Chainode Tech develops a Validator and Bridge Status Monitoring Solution using Grafana & Prometheus for the Celestia Network

Chainode Tech
Chainode Tech
Published in
7 min readMay 8, 2023

--

Switzerland, May 9th 2023 — At Chainode Tech, our mission as a provider of Web3 infrastructure and staking services is to constantly seek out new and innovative solutions to advance the blockchain ecosystem and push the boundaries of decentralization. Along the way, we have discovered novel approaches and cutting-edge solutions like sidechains, sharding, Proof of History, and most recently, Modularity.

Celestia is a cutting-edge blockchain platform that is transforming the way we think about modularity in the decentralized landscape. Since the initial stages of the Celestia project, we have been closely monitoring its progress and were excited to have been selected among the 1000 participants that take part in the Blockspace Race Incentivised Testnet, which is currently underway.

In this article we will delve into the fundamental concept of modularity in blockchain systems, explore the innovative solutions provided by Celestia, and introduce a monitoring tool developed by our team specifically for the Celestia ecosystem.

So: What is Modularity?

Modularity, at its core, refers to the design principle that emphasizes the separation of a system’s components into distinct, manageable units or modules. In the context of blockchain, modularity allows for the creation of flexible, customizable networks that can adapt to a wide range of use cases and requirements. However, the existing blockchain platforms often suffer from a lack of true modularity, leading to issues like network congestion, high transaction fees, and limited scalability.

Enter Celestia, a pioneering blockchain platform that tackles these challenges by offering a modular framework that is both highly flexible and technically robust. By decoupling consensus and execution, Celestia allows developers to build scalable applications on top of a shared, secure, and interoperable infrastructure. This groundbreaking approach not only fosters innovation and collaboration but also paves the way for a more accessible and efficient decentralized ecosystem.

Chainode Tech’s Monitoring tool for Celestia Validator and Bridge Status using Grafana & Prometheus

To ensure the smooth functioning of Validators and Bridges operating on a network, it is crucial to use a comprehensive monitoring tool. With this goal in mind, we at Chainode Tech recently developed and publicly released a Monitoring Solution for the Celestia Network, available on GitHub at https://github.com/Chainode/CelestiaTools. Our in-house solution empowers users to monitor their validators, Celestia bridges, and the hardware that runs both components.

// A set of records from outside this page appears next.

-- ===== src/Router/Runs.antt =====
-- Sequences of `add` and `remove` on the router of oximqtt/src/router.rs, against the plain function
-- from filters and clients to subscriptions.
use oximqtt.Base.{
  ◌≤◌, ◌<◌, ◌^◌, ◌≡◌, refl, ◌∙◌, Bool, true, false, ◌&&◌, Option, none, some, List, [], ◌∷◌, ok,
  err, arith, if◌then◌else◌, length, Result-cases, inl, inr,
}
use oximqtt.Base.Bytes.{Bytes, bytes_eq, bytes_eq_iff}
use oximqtt.Base.Maps.{lookup, has_key, IsMap, bytes_key}
use oximqtt.Topic.{Topic, from_str}
use oximqtt.Trie.Paths.{values_at}
use oximqtt.Trie
use oximqtt.Base.OrdSet
use oximqtt.Subscription.{IdData, id_eq, SubscriptionOptions}
use oximqtt.Router.{DefaultRouter, new, add, remove, unit_ord}
use oximqtt.Router.Keys.{IsValid, add-IsValid, remove-IsValid}
use oximqtt.Router.Updates.{relation, relation-add, relation-remove}
use oximqtt.Router.Counts.{
  IsCounted, size, add-sizes, remove-sizes, add-IsCounted, remove-IsCounted,
}

pub data Request : Type 0 where
  adds : Bytes → IdData → SubscriptionOptions → Request
  removes : Bytes → IdData → Request

-- A request that fails leaves the router as it is left.
unfoldable pub step : Request → DefaultRouter → DefaultRouter
step (adds f id opts) r = elim (add f id opts r) [ ok r' ↦ r' | err e ↦ r ]
step (removes f id) r = (remove f id r).1

-- The requests, the last one first.
unfoldable pub run : List Request → DefaultRouter
run [] = new
run (q ∷ qs) = step q (run qs)

-- What the requests mean: who is subscribed to what.
abbrev pub Subscriptions : Type 0
Subscriptions = Bytes → Bytes → Option (IdData × SubscriptionOptions)

abbrev pub parses : Bytes → Bool
parses f = elim (from_str f) [ ok t ↦ true | err e ↦ false ]

abbrev pub is_owner : IdData → Option (IdData × SubscriptionOptions) → Bool
is_owner id none = false
is_owner id (some old) = id_eq old.0 id

unfoldable pub meaning : List Request → Subscriptions
meaning [] g c = none
meaning (adds f id opts ∷ qs) g c =
    let before = meaning qs g c in
    if parses f && (bytes_eq f g && bytes_eq id.client_id c) then some (id, opts) else before
meaning (removes f id ∷ qs) g c =
    let before = meaning qs g c in
    if bytes_eq f g && (bytes_eq id.client_id c && is_owner id before) then none else before

pub new-IsValid : IsValid new
unfolding has_key values_at IsMap lookup Trie.get OrdSet.contains
new-IsValid = record {
  keys = λ f t p. empty_tree t;
  printed = λ t h. absurd (let q = empty_tree t in ground (arith, q));
  parsed = λ f h. absurd (ground arith);
  outer = tt;
  inner = λ f m h. absurd (ground arith);
}
  where
    empty_tree : (t : Topic) → false ≡ OrdSet.contains tt (values_at t new.topics)
    empty_tree [] = refl
    empty_tree (l ∷ t) = refl

-- Whatever requests the router served, it is valid.
pub run-IsValid : (qs : List Request) → IsValid (run qs)
unfolding run step
run-IsValid [] = new-IsValid
run-IsValid (adds f id opts ∷ qs) = elim (Result-cases (add f id opts (run qs))) [
  | inl (r', e) ↦ rw (run, step, e) (add-IsValid f id opts (run qs) r' (run-IsValid qs) e)
  | inr (x, e) ↦ rw (run, step, e) (run-IsValid qs)
]
run-IsValid (removes f id ∷ qs) = remove-IsValid f id (run qs) (run-IsValid qs)

add-parses :
    (f : Bytes) (id : IdData) (opts : SubscriptionOptions) (r : DefaultRouter)
    → parses f ≡ (elim (add f id opts r) [ ok r' ↦ true | err e ↦ false ])
unfolding add
add-parses f id opts r = ground arith

-- Whatever requests the router served, a client has the subscription to a filter that the requests
-- mean: the last one it added to a filter that parses, unless its session removed it since.
pub run-meaning : (qs : List Request) (g c : Bytes) → relation g c (run qs) ≡ meaning qs g c
unfolding run step meaning lookup
run-meaning [] g c = refl
run-meaning (adds f id opts ∷ qs) g c =
    let ih = run-meaning qs g c in
    let p = add-parses f id opts (run qs) in
    elim (Result-cases (add f id opts (run qs))) [
      | inl (r', e) ↦
          let q = relation-add f g c id opts (run qs) r' e in
          rw (run, step, e) (q ∙ ground (arith, ih, p, e))
      | inr (x, e) ↦ rw (run, step, e) (ih ∙ ground (arith, p, e))
    ]
run-meaning (removes f id ∷ qs) g c =
    let (a, q) = relation-remove f g c id (run qs) (run-IsValid qs) in
    q
    ∙ ground (
      arith,
      run-meaning qs g c,
      run-meaning qs f id.client_id,
      bytes_eq_iff f g,
      bytes_eq_iff id.client_id c,
    )

IsCounted-new : IsCounted new
unfolding size
IsCounted-new = ground arith

-- The counters show how many filters and how many relations there are, and those are no more than
-- the requests.
pub run-IsCounted :
    (qs : List Request)
    → length qs < 2 ^ 63
    → IsCounted (run qs)
      × (length (run qs).relations ≤ length qs)
      × (size (run qs).relations ≤ length qs)
unfolding run step
run-IsCounted [] h = (IsCounted-new, unfold run in omega arith, unfold run size in ground arith)
run-IsCounted (adds f id opts ∷ qs) h =
    let (k, a, b) = run-IsCounted qs (omega arith) in
    elim (Result-cases (add f id opts (run qs))) [
      | inl (r', e) ↦
          let (u, v) = add-sizes f id opts (run qs) r' e in
          rw (run, step, e)
            (
              add-IsCounted f id opts (run qs) r' k (omega (arith, a)) (omega (arith, b)) e,
              omega (arith, a, u),
              omega (arith, b, v),
            )
      | inr (x, e) ↦ rw (run, step, e) (k, omega (arith, a), omega (arith, b))
    ]
run-IsCounted (removes f id ∷ qs) h =
    let (k, a, b) = run-IsCounted qs (omega arith) in
    let (u, v) = remove-sizes f id (run qs) (run-IsValid qs) in
    (remove-IsCounted f id (run qs) (run-IsValid qs) k, omega (arith, a, u), omega (arith, b, v))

By doing so, users can gain valuable insights into the state of their machines and the overall performance of the Celestia Network, enabling them to take proactive measures to improve network health at any given time.

Our monitoring solution for the Celestia Network is built upon Prometheus, a robust tool specifically designed for storing time-series data, including metrics. To complement Prometheus, we’ve integrated Grafana, which allows users to visualize the data stored in Prometheus, as well as other sources like Telegraf. By leveraging this integration, our Monitoring Solution provides users with a comprehensive toolkit to make informed decisions and optimize the performance of their validators and bridges on the Celestia Network.

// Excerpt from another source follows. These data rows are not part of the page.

-- ===== src/Subscription/Choice.antt =====
-- `DefaultSharedSubscription` of oximqtt/src/subscribe.rs: who of a group gets a message.
use native.Mathlib.Nat.{mod-lt, mod-eq_of_lt, add-mod_right}
use oximqtt.Base.{
  le_or_lt, ℕ, zero, suc, ◌+◌, ◌-◌, ◌%◌, ◌^◌, ◌<◌, ◌≡◌, refl, sym, ◌∙◌, ap, inl, inr, Bool, true,
  false, Option, none, some, List, [], ◌∷◌, length, get_elem?, arith, if◌then◌else◌, Bool-cases,
  Option-cases,
}

-- `Option<IsOnline>::unwrap_or(false)`, which is also `matches!(.., Some(true))`.
abbrev pub is_online : Option Bool → Bool
is_online none = false
is_online (some b) = b

-- The flag of the candidate at an index.
abbrev pub online_at : List (Option Bool) → ℕ → Bool
online_at ncs i = elim (get_elem? ncs i) [ none ↦ false | some o ↦ is_online o ]

-- The loop of `choice` from its round `i` on, with the rounds that are left.
unfoldable pub choice_loop : List (Option Bool) → ℕ → ℕ → ℕ → Option ℕ
choice_loop ncs start i zero = none
choice_loop ncs start i (suc n) =
    let rest = choice_loop ncs start (i + 1) n in
    let idx = (start + i) % length ncs in if online_at ncs idx then some idx else rest

-- `DefaultSharedSubscription::choice`: of the candidates it reads only whether they are online.
-- `SHARED_SUB_SEQ` is passed on; `fetch_add` wraps.
unfoldable pub choice : List (Option Bool) → ℕ → Option (ℕ × Bool) × ℕ
choice [] seq = (none, seq)
choice (c ∷ cs) seq =
    let ncs = c ∷ cs in
    let start = seq % length ncs in
    elim (choice_loop ncs start 0 (length ncs)) [
      | some idx ↦ (some (idx, true), (seq + 1) % 2 ^ 64)
      | none ↦ (some (start, online_at ncs start), (seq + 1) % 2 ^ 64)
    ]

loop_sound :
    (ncs : List (Option Bool)) (start i n idx : ℕ)
    → choice_loop ncs start i n ≡ some idx
    → (j : ℕ) × (idx ≡ (start + j) % length ncs) × (online_at ncs idx ≡ true)
unfolding choice_loop
loop_sound ncs start i zero idx e = ground arith
loop_sound ncs start i (suc n) idx e =
    elim (Bool-cases (online_at ncs ((start + i) % length ncs))) [
      | inl b ↦
          let q : (start + i) % length ncs ≡ idx = ground arith in
          (i, sym q, ap (online_at ncs) (sym q) ∙ b)
      | inr b ↦ loop_sound ncs start (i + 1) n idx (ground arith)
    ]

loop_finds :
    (ncs : List (Option Bool)) (start i n k : ℕ)
    → k < n
    → online_at ncs ((start + (i + k)) % length ncs) ≡ true
    → (idx : ℕ) × (choice_loop ncs start i n ≡ some idx)
unfolding choice_loop
loop_finds ncs start i zero k h e = absurd (omega arith)
loop_finds ncs start i (suc n) zero h e =
    let q : i + 0 ≡ i = omega arith in
    let b : online_at ncs ((start + i) % length ncs) ≡ true =
      ap (λ (x : ℕ). online_at ncs ((start + x) % length ncs)) (sym q) ∙ e in
    ((start + i) % length ncs, ground arith)
loop_finds ncs start i (suc n) (suc k) h e =
    elim (Bool-cases (online_at ncs ((start + i) % length ncs))) [
      | inl b ↦ ((start + i) % length ncs, ground arith)
      | inr b ↦
          let q : i + suc k ≡ i + 1 + k = omega arith in
          let (idx, f) =
            loop_finds ncs start (i + 1) n k (omega arith)
              (ap (λ (x : ℕ). online_at ncs ((start + x) % length ncs)) (sym q) ∙ e) in
          (idx, ground arith)
    ]

-- Where the search finds one, and where it finds none.
choice-found :
    (c : Option Bool) (cs : List (Option Bool)) (seq idx : ℕ)
    → choice_loop (c ∷ cs) (seq % length (c ∷ cs)) 0 (length (c ∷ cs)) ≡ some idx
    → (choice (c ∷ cs) seq).0 ≡ some (idx, true)
unfolding choice
choice-found c cs seq idx e = rw (choice, e) refl

choice-none :
    (c : Option Bool) (cs : List (Option Bool)) (seq : ℕ)
    → choice_loop (c ∷ cs) (seq % length (c ∷ cs)) 0 (length (c ∷ cs)) ≡ none
    → (choice (c ∷ cs) seq).0
      ≡ some (seq % length (c ∷ cs), online_at (c ∷ cs) (seq % length (c ∷ cs)))
unfolding choice
choice-none c cs seq e = rw (choice, e) refl

-- `choice` gives an index of a candidate, with whether that one is online, if there is a candidate.
pub choice-in_range :
    (c : Option Bool) (cs : List (Option Bool)) (seq : ℕ)
    → (i : ℕ) × ((choice (c ∷ cs) seq).0 ≡ some (i, online_at (c ∷ cs) i)) × (i < length (c ∷ cs))
choice-in_range c cs seq =
    let len = length (c ∷ cs) in
    let start = seq % len in
    let pos : 0 < len = omega arith in
    elim (Option-cases (choice_loop (c ∷ cs) start 0 len)) [
      | inl e ↦ (start, choice-none c cs seq e, mod-lt seq pos)
      | inr (idx, e) ↦
          let (j, q, b) = loop_sound (c ∷ cs) start 0 len idx e in
          (idx, rw b (choice-found c cs seq idx e), rw q (mod-lt (start + j) pos))
    ]

-- The round in which the search from `start` comes by an index.
round_of :
    (len start j : ℕ) → start < len → j < len → (k : ℕ) × (k < len) × ((start + (0 + k)) % len ≡ j)
round_of len start j h e = elim (le_or_lt start j) [
  | inl g ↦
      let q : start + (0 + (j - start)) ≡ j = omega arith in
      (j - start, omega arith, rw q (mod-eq_of_lt e))
  | inr g ↦
      let q : start + (0 + (j + len - start)) ≡ j + len = omega arith in
      (j + len - start, omega arith, rw q (add-mod_right j len ∙ mod-eq_of_lt e))
]

-- It prefers the candidates that are online: if one is, it gives such a one.
pub choice-online :
    (ncs : List (Option Bool)) (seq j : ℕ)
    → j < length ncs
    → online_at ncs j ≡ true
    → (i : ℕ) × ((choice ncs seq).0 ≡ some (i, true)) × (online_at ncs i ≡ true)
choice-online [] seq j h e = absurd (omega arith)
choice-online (c ∷ cs) seq j h e =
    let len = length (c ∷ cs) in
    let start = seq % len in
    let (k, l, q) = round_of len start j (mod-lt seq (omega arith)) h in
    let (idx, f) = loop_finds (c ∷ cs) start 0 len k l (ap (online_at (c ∷ cs)) q ∙ e) in
    let (i, p, b) = loop_sound (c ∷ cs) start 0 len idx f in (idx, choice-found c cs seq idx f, b)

Our team wrote an extra exporter in Go, in order to export Celestia Bridge metrics towards Prometheus. The code can be found in the file celbridge_export.go.

The code basically asks the bridge about the local height and the height of the network and exposes them as metrics for Prometheus. It is also possible to specify the listen port for Prometheus as well as the endpoint for connecting to the bridge and the p2p network the bridge node is active on.

The necessary technical guide to set up all the components for this monitoring solution is to be found directly under the above mentioned repository. The focus of this article is to present all the metrics that are being displayed in the developed Grafana dashboard.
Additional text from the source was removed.